Examples of typical topics for submissions to this workshop are:
The HSDIP workshop has always been welcoming of multidisciplinary work, for example, drawing inspiration from operations research (like row and column generation algorithms), convex optimization (like gradient optimization for hybrid planning), constraint programming, or satisfiability.
The workshop is meant to be an open and inclusive forum, and we encourage papers that report on work in progress or that do not fit the mold of a typical conference paper. Non-trivial negative results are welcome to the workshop, but we expect the authors to argue for the significance of the presented results.
Due to ICAPS being postponed we decided to extend the workshop deadline. We will announce a new deadline as soon as possible, submission will remain open.
Please format submissions in AAAI style (see instructions in the Author Kit at https://www.aaai.org/Publications/Templates/AuthorKit21.zip) and keep them to at most 9 pages including references. Authors considering submitting to the workshop papers rejected from the main conference, please ensure you do your utmost to address the comments given by ICAPS reviewers. Please do not submit papers that are already accepted for the main conference to the workshop.

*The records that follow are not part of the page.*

-- ===== src/Registry/Extensions.antt =====
-- `extensionTools` and `upsertTool` of internal/engine/runtime.go: registrations of the same name.
use ergo_agent.Prelude.{
  String, true, ◌≡◌, refl, ◌∙◌, sym, Option, none, some, is_some, some_of, or_else, List, [], ◌∷◌,
  ◌++◌, arith, ◌==◌, eq_iff, contains, contains-append, lookup, insert, lookup-insert, Distinct,
  Distinct-snoc, Bool-cases, inl, inr, if◌then◌else◌,
}
use ergo_agent.Profile.{unique_strings}
use ergo_agent.Profile.Unique.{unique_from, unique_strings-eq}
use ergo_agent.Registry.{
  ToolDefinition, find_tool, definition_names, upsert_tool, register, collect, extension_tools,
}

abbrev Map : Type 0 → Type 0
Map R = List (String × ToolDefinition R)

contains-one : (a x : String) → contains (a ∷ []) x ≡ (a == x)
unfolding contains
contains-one a x = ground arith

module _ {R : Type 0} where
  -- What is found after an upsert.
  pub find_tool-upsert_tool :
      (tools : List (ToolDefinition R)) (t : ToolDefinition R) (name : String)
      → find_tool (upsert_tool tools t) name
        ≡ (if t.name == name then some t else find_tool tools name)
  unfolding find_tool upsert_tool
  find_tool-upsert_tool [] t name = refl
  find_tool-upsert_tool (u ∷ tools) t name = ground (
    arith,
    find_tool-upsert_tool tools t name,
    eq_iff t.name name,
    eq_iff u.name t.name,
    eq_iff u.name name,
  )

  -- The definition of a name that was registered last.
  pub find_last : List (ToolDefinition R) → String → Option (ToolDefinition R)
  find_last [] name = none
  find_last (t ∷ tools) name =
      or_else (find_last tools name) (if t.name == name then some t else none)

  lookup-register :
      (order : List String) (m : Map R) (tools : List (ToolDefinition R)) (n : String)
      → lookup n (register order m tools).1 ≡ or_else (find_last tools n) (lookup n m)
  unfolding register find_last
  lookup-register order m [] n = refl
  lookup-register order m (t ∷ tools) n = ground (
    arith,
    lookup-register (if is_some (lookup t.name m) then order else order ++ t.name ∷ [])
        (insert t.name t m) tools n,
    lookup-insert t.name n t m,
  )

  -- A key of the map is in the order, once, and stands for a definition of that name.
  record IsRegistry (order : List String) (m : Map R) : Type 0 where
    distinct : Distinct order
    listed : (n : String) → contains order n ≡ is_some (lookup n m)
    keyed : (n : String) (t : ToolDefinition R) → lookup n m ≡ some t → t.name ≡ n

  insert-IsRegistry :
      (order : List String) (m : Map R) (t : ToolDefinition R)
      → IsRegistry order m
      → IsRegistry
          (if is_some (lookup t.name m) then order else order ++ t.name ∷ [])
          (insert t.name t m)
  insert-IsRegistry order m t r = record {
    distinct = elim (Bool-cases (is_some (lookup t.name m))) [
      | inl e ↦ rw e r.distinct
      | inr e ↦ rw e (Distinct-snoc order t.name r.distinct (r.listed t.name ∙ e))
    ];
    listed = λ n. ground (
      arith,
      lookup-insert t.name n t m,
      r.listed n,
      r.listed t.name,
      contains-append order (t.name ∷ []) n,
      eq_iff t.name n,
      contains-one t.name n,
    );
    keyed = λ n u h. ground (arith, lookup-insert t.name n t m, r.keyed n u, eq_iff t.name n);
  }

  register-IsRegistry :
      (order : List String) (m : Map R) (tools : List (ToolDefinition R))
      → IsRegistry order m
      → IsRegistry (register order m tools).0 (register order m tools).1
  unfolding register
  register-IsRegistry order m [] r = r
  register-IsRegistry order m (t ∷ tools) r =
      register-IsRegistry (if is_some (lookup t.name m) then order else order ++ t.name ∷ [])
        (insert t.name t m) tools (insert-IsRegistry order m t r)

  empty-IsRegistry : IsRegistry [] []
  unfolding contains lookup
  empty-IsRegistry = record { distinct = tt; listed = λ n. refl; keyed = λ n t h. cc }

  module _ (zero : ToolDefinition R) (m : Map R)
      (keyed : (n : String) (t : ToolDefinition R) → lookup n m ≡ some t → t.name ≡ n) where
    find_tool-collect :
        (order : List String) (n : String)
        → ((k : String) → contains order k ≡ true → is_some (lookup k m) ≡ true)
        → find_tool (collect zero m order) n ≡ (if contains order n then lookup n m else none)
    unfolding find_tool collect contains
    find_tool-collect [] n h = refl
    find_tool-collect (k ∷ order) n h =
        let (t, e) = some_of (lookup k m) (h k (ground (arith, eq_iff k k))) in
        let rest = find_tool-collect order n (λ j q. h j (ground arith)) in
        ground (arith, e, rest, keyed k t e, eq_iff k n)

    names-collect :
        (order : List String)
        → ((k : String) → contains order k ≡ true → is_some (lookup k m) ≡ true)
        → definition_names (collect zero m order) ≡ order
    unfolding definition_names collect contains
    names-collect [] h = refl
    names-collect (k ∷ order) h =
        let (t, e) = some_of (lookup k m) (h k (ground (arith, eq_iff k k))) in
        let rest = names-collect order (λ j q. h j (ground arith)) in
        ground (arith, e, rest, keyed k t e)

  order-register :
      (order : List String) (m : Map R) (tools : List (ToolDefinition R))
      → IsRegistry order m
      → (register order m tools).0 ≡ unique_from order (definition_names tools)
  unfolding register definition_names unique_from
  order-register order m [] r = refl
  order-register order m (t ∷ tools) r =
      let next =
        order-register (if is_some (lookup t.name m) then order else order ++ t.name ∷ [])
          (insert t.name t m) tools (insert-IsRegistry order m t r) in
      rw (r.listed t.name, unique_from) next

  final :
      (tools : List (ToolDefinition R))
      → IsRegistry (register [] [] tools).0 (register [] [] tools).1
  final tools = register-IsRegistry [] [] tools empty-IsRegistry

  -- Of the tools that one extension registers, the last of a name is the one that findTool finds
  -- under it.
  pub find_tool-extension_tools :
      (zero : ToolDefinition R) (tools : List (ToolDefinition R)) (name : String)
      → find_tool (extension_tools zero tools) name ≡ find_last tools name
  unfolding extension_tools lookup
  find_tool-extension_tools zero tools name =
      let r = final tools in
      ground (
        arith,
        find_tool-collect zero (register [] [] tools).1 r.keyed (register [] [] tools).0 name
            (λ k q. sym (r.listed k) ∙ q),
        r.listed name,
        lookup-register [] [] tools name,
      )

  -- extensionTools keeps each name once, in the order of the first registrations, as uniqueStrings
  -- orders the names.
  pub names-extension_tools :
      (zero : ToolDefinition R) (tools : List (ToolDefinition R))
      → (definition_names (extension_tools zero tools) ≡ unique_strings (definition_names tools))
        × Distinct (definition_names (extension_tools zero tools))
  unfolding extension_tools
  names-extension_tools zero tools =
      let r = final tools in
      let e =
        names-collect zero (register [] [] tools).1 r.keyed (register [] [] tools).0
          (λ k q. sym (r.listed k) ∙ q) in
      (
        e
            ∙ order-register [] [] tools empty-IsRegistry
            ∙ sym (unique_strings-eq (definition_names tools)),
        rw e r.distinct,
      )
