-- ===== src/Registry/PlanMode.antt =====
-- `planTools` of internal/engine/runtime.go: what plan mode leaves of a list of tool names.
use ergo_agent.Prelude.{
  String, Bool, true, false, not, ◌&&◌, ◌||◌, ◌≡◌, refl, subst, List, [], ◌∷◌, ◌++◌, filter, arith,
  ◌==◌, eq_iff, contains, contains-append, Bool-cases, inl, inr,
}
use ergo_agent.Registry.{plan_disabled, plan_required, add_missing, plan_tools}

-- A test that depends on the text alone filters membership.
contains-filter :
    (p : String → Bool) (x : String) (names : List String)
    → contains (filter p names) x ≡ (contains names x && p x)
unfolding contains
contains-filter p x [] = refl
contains-filter p x (n ∷ names) = elim (Bool-cases (n == x)) [
  | inl e ↦
      subst (λ y. contains (filter p (n ∷ names)) y ≡ (contains (n ∷ names) y && p y))
        ((eq_iff n x).0 e) (ground (arith, contains-filter p n names, eq_iff n n))
  | inr e ↦ ground (arith, contains-filter p x names)
]

contains-add_missing :
    (x : String) (out names : List String)
    → contains (add_missing out names) x ≡ (contains out x || contains names x)
unfolding add_missing contains
contains-add_missing x out [] = ground arith
contains-add_missing x out (n ∷ names) = elim (Bool-cases (contains out n)) [
  | inl e ↦ rw e (elim (Bool-cases (n == x)) [
    | inl q ↦
        let q' : n ≡ x = (eq_iff n x).0 q in
        let h : contains out x ≡ true = subst (λ y. contains out y ≡ true) q' e in
        ground (arith, contains-add_missing x out names)
    | inr q ↦ ground (arith, contains-add_missing x out names)
  ])
  | inr e ↦
      rw e (
        ground
          (arith, contains-add_missing x (out ++ n ∷ []) names, contains-append out (n ∷ []) x))
]

disabled_not_required :
    (x : String) → contains plan_disabled x ≡ true → contains plan_required x ≡ false
unfolding contains
disabled_not_required x h = elim (Bool-cases ("edit" == x)) [
  | inl e ↦ subst (λ y. contains plan_required y ≡ false) ((eq_iff "edit" x).0 e) refl
  | inr e ↦ elim (Bool-cases ("write" == x)) [
    | inl f ↦ subst (λ y. contains plan_required y ≡ false) ((eq_iff "write" x).0 f) refl
    | inr f ↦
        subst (λ y. contains plan_required y ≡ false) ((eq_iff "generate_image" x).0 (ground arith))
          refl
  ]
]

-- Under planTools the required read-only tools and the given tools that are not disabled are
-- offered and nothing else, and a disabled tool is never among them.
pub plan_tools_exact :
    (names : List String) (x : String)
    → (contains (plan_tools names) x
        ≡ (contains plan_required x || (contains names x && not (contains plan_disabled x))))
      × (contains plan_disabled x ≡ true → contains (plan_tools names) x ≡ false)
unfolding plan_tools
plan_tools_exact names x = (
  ground (
    arith,
    contains-add_missing x (filter (λ n. not (contains plan_disabled n)) names) plan_required,
    contains-filter (λ n. not (contains plan_disabled n)) x names,
  ),
  λ h. ground (
    arith,
    contains-add_missing x (filter (λ n. not (contains plan_disabled n)) names) plan_required,
    contains-filter (λ n. not (contains plan_disabled n)) x names,
    disabled_not_required x,
  ),
)
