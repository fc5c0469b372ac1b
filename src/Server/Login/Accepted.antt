-- ===== src/Server/Login/Accepted.antt =====
-- src/server/mod.rs: what `auth_from_frame` has checked when it accepts, and what it leaves alone.
use newppp.Prelude.{
  ◌≤◌, ◌<◌, bytes_eq_refl, false, leb, length, ◌-◌, ◌*◌, ℕ, ◌≡◌, refl, sym, ap, ◌∙◌, Bool, true,
  List, [], ◌∷◌, bytes_eq, bytes_eq→eq, Bool-cases, inl, inr, ◌⊎◌, arith, ==→eq, ◌==◌,
}
use newppp.Proto.Error.{Result, ok, err}
use newppp.Proto.Cipher.{Aead}
use newppp.Proto.Frame.{Frame, proto_version}
use newppp.Proto.Auth.{AuthPayload, auth_window, proto_version_compatible, verify}
use newppp.Server.State.Nonce.{
  Seen, contains_key, retain, nonce_key, nonce_cap, check_and_remember_nonce,
}
use newppp.Server.Login.{Users, AuthOutcome, accepted, once, try_user, opens_to, auth_from_frame}

-- The user is one of the configured ones.
abbrev pub Listed : List ℕ → List ℕ → Users → Type 0
Listed uid key [] = ⊥
Listed uid key ((u, k) ∷ us) = ((u ≡ uid) × (k ≡ key)) ⊎ Listed uid key us

-- The cache has an entry under this key.
abbrev pub Has : List ℕ → Seen → Type 0
Has key [] = ⊥
Has key ((k, ts) ∷ seen) = (k ≡ key) ⊎ Has key seen

contains_key-Has : (key : List ℕ) (seen : Seen) → contains_key key seen ≡ false → ¬ Has key seen
unfolding contains_key
contains_key-Has key [] h p = p
contains_key-Has key ((k, ts) ∷ seen) h p = elim p [
  | inl same ↦
      let hit : bytes_eq k key ≡ true = rw same (bytes_eq_refl key) in
      absurd (ground (arith, h, hit))
  | inr later ↦ contains_key-Has key seen (ground (arith, h)) later
]

length-retain : (cutoff : ℕ) (seen : Seen) → length (retain cutoff seen) ≤ length seen
unfolding retain
length-retain cutoff [] = omega arith
length-retain cutoff ((k, ts) ∷ seen) = ground (arith, length-retain cutoff seen)

-- A nonce that the cache does not have is new, while the cache has room.
pub new_nonce-remembered :
    (print : ℕ → List ℕ) (later : ℕ) (seen : Seen) (uid nonce : List ℕ) (ts : ℕ)
    → contains_key (nonce_key print uid nonce ts) seen ≡ false
    → length seen < 50000
    → (check_and_remember_nonce print later seen uid nonce ts).1 ≡ true
unfolding check_and_remember_nonce
new_nonce-remembered print later seen uid nonce ts unseen room =
    ground (arith, unseen, length-retain (later - 2 * auth_window) seen)

remembered-Has :
    (print : ℕ → List ℕ) (later : ℕ) (seen : Seen) (uid nonce : List ℕ) (ts : ℕ)
    → (check_and_remember_nonce print later seen uid nonce ts).1 ≡ true
    → (¬ Has (nonce_key print uid nonce ts) seen)
      × Has
          (nonce_key print uid nonce ts)
          (check_and_remember_nonce print later seen uid nonce ts).0
unfolding check_and_remember_nonce
remembered-Has print later seen uid nonce ts e =
    let key = nonce_key print uid nonce ts in
    elim (Bool-cases (contains_key key seen)) [
      | inl known ↦ absurd (cc (rw known at e))
      | inr new_key ↦
          elim (Bool-cases (leb nonce_cap (length (retain (later - 2 * auth_window) seen)))) [
            | inl full ↦ absurd (cc (rw (new_key, full) at e))
            | inr room ↦ (contains_key-Has key seen new_key, rw (new_key, room) (inl refl))
          ]
    ]

module _ (print : ℕ → List ℕ) (hmac : List ℕ → List ℕ → List ℕ) (chacha : List ℕ → Aead)
    (utf8 : List ℕ → Bool) where
  -- All that has to hold of an accepted frame, and what then became of the cache.
  pub record Checked (now later : ℕ) (seen seen' : Seen) (r : Result AuthPayload) (uid key : List ℕ)
      (a : AuthPayload) : Type 0 where
    pub opens : r ≡ ok a
    pub named : a.uid ≡ uid
    pub version : a.proto_version ≡ proto_version
    pub verified : verify hmac now a key auth_window ≡ true
    pub answered : (check_and_remember_nonce print later seen uid a.nonce a.ts).1 ≡ true
    pub leaves : seen' ≡ (check_and_remember_nonce print later seen uid a.nonce a.ts).0
    pub fresh : ¬ Has (nonce_key print uid a.nonce a.ts) seen
    pub remembered : Has (nonce_key print uid a.nonce a.ts) seen'

  try_user-accepted :
      (now later : ℕ) (u k : List ℕ) (seen : Seen) (r : Result AuthPayload)
      (rest : Seen × AuthOutcome) (uid key : List ℕ) (a : AuthPayload)
      → (try_user print hmac chacha utf8 now later u k seen r rest).1 ≡ accepted uid key a
      → ((u ≡ uid)
          × (k ≡ key)
          × Checked now later seen
              (try_user print hmac chacha utf8 now later u k seen r rest).0
              r
              uid
              k
              a)
        ⊎ (try_user print hmac chacha utf8 now later u k seen r rest ≡ rest)
  unfolding try_user once proto_version_compatible
  try_user-accepted now later u k seen (err x) rest uid key a e = inr refl
  try_user-accepted now later u k seen (ok b) rest uid key a e =
      elim (Bool-cases (bytes_eq b.uid u)) [
        | inr other ↦ inr (rw other)
        | inl same ↦ elim (Bool-cases (b.proto_version == proto_version)) [
          | inr skew ↦ absurd (ground arith)
          | inl fits ↦ elim (Bool-cases (verify hmac now b k auth_window)) [
            | inr bad ↦ inr (rw (same, fits, bad))
            | inl good ↦
                elim (Bool-cases (check_and_remember_nonce print later seen u b.nonce b.ts).1) [
                  | inr repeated ↦ absurd (ground arith)
                  | inl new_nonce ↦
                      let who : accepted u k b ≡ accepted uid key a = ground arith in
                      let user : u ≡ uid = cc who in
                      let secret : k ≡ key = cc who in
                      let what : b ≡ a = cc who in
                      inl (
                        user,
                        secret,
                        record {
                          opens = ap ok what;
                          named =
                              ap (λ (x : AuthPayload). x.uid) (sym what)
                              ∙ bytes_eq→eq b.uid u same
                              ∙ user;
                          version =
                              ap (λ (x : AuthPayload). x.proto_version) (sym what) ∙ ==→eq _ _ fits;
                          verified = rw (← what) good;
                          answered = rw (← what, ← user) new_nonce;
                          leaves = rw (← what, ← user, same, fits, good);
                          fresh =
                              rw (← what, ← user)
                                (remembered-Has print later seen u b.nonce b.ts new_nonce).0;
                          remembered =
                              rw (← what, ← user, same, fits, good)
                                (remembered-Has print later seen u b.nonce b.ts new_nonce).1;
                        },
                      )
                ]
          ]
        ]
      ]

  -- An accepted frame opens under the key of a configured user to a payload that names this user and
  -- this protocol version, that `verify` accepts, and whose uid, time stamp and
  -- nonce were not in the cache together, which now has them.
  pub auth_from_frame-Checked :
      (now later : ℕ) (us : Users) (seen : Seen) (f : Frame) (uid key : List ℕ) (a : AuthPayload)
      → (auth_from_frame print hmac chacha utf8 now later us seen f).1 ≡ accepted uid key a
      → Listed uid key us
        × Checked now later seen
            (auth_from_frame print hmac chacha utf8 now later us seen f).0
            (opens_to print hmac chacha utf8 key f)
            uid
            key
            a
  unfolding auth_from_frame
  auth_from_frame-Checked now later [] seen f uid key a e = absurd (cc e)
  auth_from_frame-Checked now later ((u, k) ∷ us) seen f uid key a e =
      let rest = auth_from_frame print hmac chacha utf8 now later us seen f in
      elim (try_user-accepted now later u k seen (opens_to print hmac chacha utf8 k f) rest uid key
        a e) [
          | inl (user, secret, c) ↦ (inl (user, secret), rw (← secret) c)
          | inr skipped ↦
              let (listed, c) =
                auth_from_frame-Checked now later us seen f uid key a
                  (ap (λ (x : Seen × AuthOutcome). x.1) (sym skipped) ∙ e) in
              (inr listed, rw (skipped) c)
        ]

In addition to the submitted PDF paper, authors can submit supplementary material (videos, technical proofs, additional experimental results) for their paper. Please make sure that the supporting material is also anonymized. Papers should be self-contained; reviewers are encouraged, but not obligated, to consider supporting material in their decisions.
Submissions will be made through OpenReview:
https://openreview.net/group?id=icaps-conference.org/ICAPS/2021/Workshop/HSDIP
The following conditions apply:
Every submission will be reviewed by two members of the organizing committee according to the usual criteria such as relevance to the workshop, significance of the contribution, and technical quality. There will be a brief discussion phase where author and reviewers can interactively engage and discuss the submission and the reviews.
Submissions sent to other conferences are allowed. It is the responsibility of the authors to ensure that those venues allow for papers submitted to be already published in "informal" ways (e.g. on proceedings or websites without associated ISSN/ISBN). In particular, we welcome submissions sent to the IJCAI conference and made sure that the workshop discussion phase does not conflict with the IJCAI rebuttal phase.
At least one author of each accepted paper must attend the workshop in order to present the paper. The workshop format (fully virtual or hybrid) will be the same as the format of the main conference. Authors must register for the ICAPS conference in order to attend the workshop.